Recorded data:
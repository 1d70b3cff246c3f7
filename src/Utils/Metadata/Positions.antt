-- ===== src/Utils/Metadata/Positions.antt =====
-- The rows in the order of the fact table.
use mathlib.Core.List.{◌++◌}
use dashboard_template_api.Common.{
  ℕ, ◌+◌, ◌≡◌, refl, ap, ◌∙◌, ◌⊎◌, inl, inr, Bool, true, false, not, ◌&&◌, Option, none, some, List,
  [], ◌∷◌, map, filter, count, String, arith, Bool-cases, leb, all, count-append,
}
use dashboard_template_api.Common.Map.{Map, lookup}
use dashboard_template_api.Common.Sort.{insert_sorted, sort, IsSorted, count-sort, sort-IsSorted}
use dashboard_template_api.Utils.Metadata.{
  FieldMetadata, is_present, position_of, placed, by_position, by_name, sort_by_column_position,
}

-- Two columns in the order of the table: by their positions, then those that have none, by name.
abbrev pub in_table_order : (String → String → Bool) → Option ℕ → Option ℕ → String → String → Bool
in_table_order le (some i) (some j) a b = leb i j
in_table_order le (some i) none a b = true
in_table_order le none (some j) a b = false
in_table_order le none none a b = le a b

abbrev pub table_order : (String → String → Bool) → Map ℕ → FieldMetadata → FieldMetadata → Bool
table_order le positions a b =
    in_table_order le (lookup a.name positions) (lookup b.name positions) a.name b.name

module _ {ℓ} {A : Type ℓ} where
  all-insert_sorted :
      (le : A → A → Bool) (p : A → Bool) (x : A) (xs : List A)
      → all p (insert_sorted le x xs) ≡ (p x && all p xs)
  unfolding insert_sorted
  all-insert_sorted le p x [] = refl
  all-insert_sorted le p x (y ∷ ys) = elim (Bool-cases (le x y)) [
    | inl before ↦ rw before
    | inr behind ↦ rw behind (ground (arith, all-insert_sorted le p x ys))
  ]

  all-sort : (le : A → A → Bool) (p : A → Bool) (xs : List A) → all p (sort le xs) ≡ all p xs
  unfolding sort
  all-sort le p [] = refl
  all-sort le p (x ∷ xs) =
      all-insert_sorted le p x (sort le xs) ∙ ap (λ b. p x && b) (all-sort le p xs)

  all-filter : (p : A → Bool) (xs : List A) → all p (filter p xs) ≡ true
  all-filter p [] = refl
  all-filter p (x ∷ xs) = ground (arith, all-filter p xs)

  count-split :
      (p q : A → Bool) (xs : List A)
      → count q (filter p xs) + count q (filter (λ x. not (p x)) xs) ≡ count q xs
  count-split p q [] = refl
  count-split p q (x ∷ xs) = ground (arith, count-split p q xs)

  count-filter : (p q : A → Bool) (xs : List A) → count q (filter p xs) ≡ count (λ x. q x && p x) xs
  count-filter p q [] = refl
  count-filter p q (x ∷ xs) = ground (arith, count-filter p q xs)

  count-map {κ} :
      {B : Type κ} (f : A → B) (q : B → Bool) (xs : List A)
      → count q (map f xs) ≡ count (λ x. q (f x)) xs
  count-map f q [] = refl
  count-map f q (x ∷ xs) = ground (arith, count-map f q xs)

  -- An order that agrees on the elements at hand sorts them alike.
  IsSorted-agree :
      (le lf : A → A → Bool) (p : A → Bool)
      → ((x y : A) → p x ≡ true → p y ≡ true → le x y ≡ true → lf x y ≡ true)
      → (xs : List A) → all p xs ≡ true
      → IsSorted le xs
      → IsSorted lf xs
  unfolding IsSorted
  IsSorted-agree le lf p agree [] h s = tt
  IsSorted-agree le lf p agree (x ∷ []) h s = tt
  IsSorted-agree le lf p agree (x ∷ y ∷ ys) h (xy, s) = (
    agree x y (ground arith) (ground arith) xy,
    IsSorted-agree le lf p agree (y ∷ ys) (ground arith) s,
  )

  IsSorted-append :
      (le : A → A → Bool) (p q : A → Bool)
      → ((x y : A) → p x ≡ true → q y ≡ true → le x y ≡ true)
      → (xs ys : List A) → all p xs ≡ true
      → all q ys ≡ true
      → IsSorted le xs
      → IsSorted le ys
      → IsSorted le (xs ++ ys)
  unfolding IsSorted
  IsSorted-append le p q across [] ys hp hq sx sy = sy
  IsSorted-append le p q across (x ∷ []) [] hp hq sx sy = tt
  IsSorted-append le p q across (x ∷ []) (y ∷ ys) hp hq sx sy =
      (across x y (ground arith) (ground arith), sy)
  IsSorted-append le p q across (x ∷ z ∷ xs) ys hp hq (xz, sx) sy =
      (xz, IsSorted-append le p q across (z ∷ xs) ys (ground arith) hq sx sy)

leb_total : (i j : ℕ) → (leb i j ≡ true) ⊎ (leb j i ≡ true)
leb_total i j = ground arith

module _ (le : String → String → Bool) where
  agree_at :
      (o p : Option ℕ) (a b : String)
      → is_present o ≡ true
      → is_present p ≡ true
      → leb (position_of o) (position_of p) ≡ true
      → in_table_order le o p a b ≡ true
  agree_at none p a b ho hp h = cc
  agree_at (some i) none a b ho hp h = cc
  agree_at (some i) (some j) a b ho hp h = h

  across_at :
      (o p : Option ℕ) (a b : String)
      → is_present o ≡ true
      → not (is_present p) ≡ true
      → in_table_order le o p a b ≡ true
  across_at none p a b ho hp = cc
  across_at (some i) none a b ho hp = refl
  across_at (some i) (some j) a b ho hp = cc

  unplaced_at :
      (o p : Option ℕ) (a b : String)
      → not (is_present o) ≡ true
      → not (is_present p) ≡ true
      → le a b ≡ true
      → in_table_order le o p a b ≡ true
  unplaced_at (some i) p a b ho hp h = cc
  unplaced_at none (some j) a b ho hp h = cc
  unplaced_at none none a b ho hp h = h

module _ (le : String → String → Bool) (total : (x y : String) → (le x y ≡ true) ⊎ (le y x ≡ true))
    (positions : Map ℕ) where
  placed_agree :
      (x y : FieldMetadata)
      → placed positions x ≡ true
      → placed positions y ≡ true
      → by_position positions x y ≡ true
      → table_order le positions x y ≡ true
  placed_agree x y px py h =
      agree_at le (lookup x.name positions) (lookup y.name positions) x.name y.name px py h

  placed_across :
      (x y : FieldMetadata)
      → placed positions x ≡ true
      → not (placed positions y) ≡ true
      → table_order le positions x y ≡ true
  placed_across x y px py =
      across_at le (lookup x.name positions) (lookup y.name positions) x.name y.name px py

  unplaced_agree :
      (x y : FieldMetadata)
      → not (placed positions x) ≡ true
      → not (placed positions y) ≡ true
      → by_name le x y ≡ true
      → table_order le positions x y ≡ true
  unplaced_agree x y px py h =
      unplaced_at le (lookup x.name positions) (lookup y.name positions) x.name y.name px py h

  placed-IsSorted :
      (fields : List FieldMetadata)
      → IsSorted
          (table_order le positions)
          (sort (by_position positions) (filter (placed positions) fields))
  placed-IsSorted fields =
      IsSorted-agree (by_position positions) _ (placed positions) placed_agree _
        (all-sort (by_position positions) (placed positions) _
          ∙ all-filter (placed positions) fields)
        (sort-IsSorted (by_position positions) (λ x y. leb_total _ _) _)

  unplaced-IsSorted :
      (fields : List FieldMetadata)
      → IsSorted
          (table_order le positions)
          (sort (by_name le) (filter (λ f. not (placed positions f)) fields))
  unplaced-IsSorted fields =
      IsSorted-agree (by_name le) _ (λ f. not (placed positions f)) unplaced_agree _
        (all-sort (by_name le) (λ f. not (placed positions f)) _
          ∙ all-filter (λ f. not (placed positions f)) fields)
        (sort-IsSorted (by_name le) (λ x y. total x.name y.name) _)

  -- Under a total order on the names, the rows that are returned are the rows that were given, each as
  -- often, in the order of the table: those with a position by their positions, then the others by
  -- name; and `unplaced` lists the names of the rows without a position.
  pub sort_by_column_position-IsSorted :
      (fields : List FieldMetadata)
      → IsSorted (table_order le positions) (sort_by_column_position le fields positions).fields
        × ((q : FieldMetadata → Bool)
            → count q (sort_by_column_position le fields positions).fields ≡ count q fields)
        × ((q : String → Bool)
            → count q (sort_by_column_position le fields positions).unplaced
              ≡ count (λ (f : FieldMetadata). q f.name && not (placed positions f)) fields)
  unfolding sort_by_column_position
  sort_by_column_position-IsSorted fields = (
    IsSorted-append _ (placed positions) (λ f. not (placed positions f)) placed_across _ _
        (all-sort (by_position positions) (placed positions) _
          ∙ all-filter (placed positions) fields)
        (all-sort (by_name le) (λ f. not (placed positions f)) _
          ∙ all-filter (λ f. not (placed positions f)) fields)
        (placed-IsSorted fields) (unplaced-IsSorted fields),
    λ q. omega (
      arith,
      count-append q (sort (by_position positions) (filter (placed positions) fields))
          (sort (by_name le) (filter (λ f. not (placed positions f)) fields)),
      count-sort (by_position positions) q (filter (placed positions) fields),
      count-sort (by_name le) q (filter (λ f. not (placed positions f)) fields),
      count-split (placed positions) q fields,
    ),
    λ q.
        count-map (λ (f : FieldMetadata). f.name) q _
        ∙ count-sort (by_name le) (λ f. q f.name) _
        ∙ count-filter (λ f. not (placed positions f)) (λ f. q f.name) fields,
  )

Exercise
All lines above from the one containing "count-append q (sort" to the one containing "count-map (λ (f" must be repeated exactly, both lines included, and no others.

Answer to this task
      count-append q (sort (by_position positions) (filter (placed positions) fields))
          (sort (by_name le) (filter (λ f. not (placed positions f)) fields)),
      count-sort (by_position positions) q (filter (placed positions) fields),
      count-sort (by_name le) q (filter (λ f. not (placed positions f)) fields),
      count-split (placed positions) q fields,
    ),
    λ q.
        count-map (λ (f : FieldMetadata). f.name) q _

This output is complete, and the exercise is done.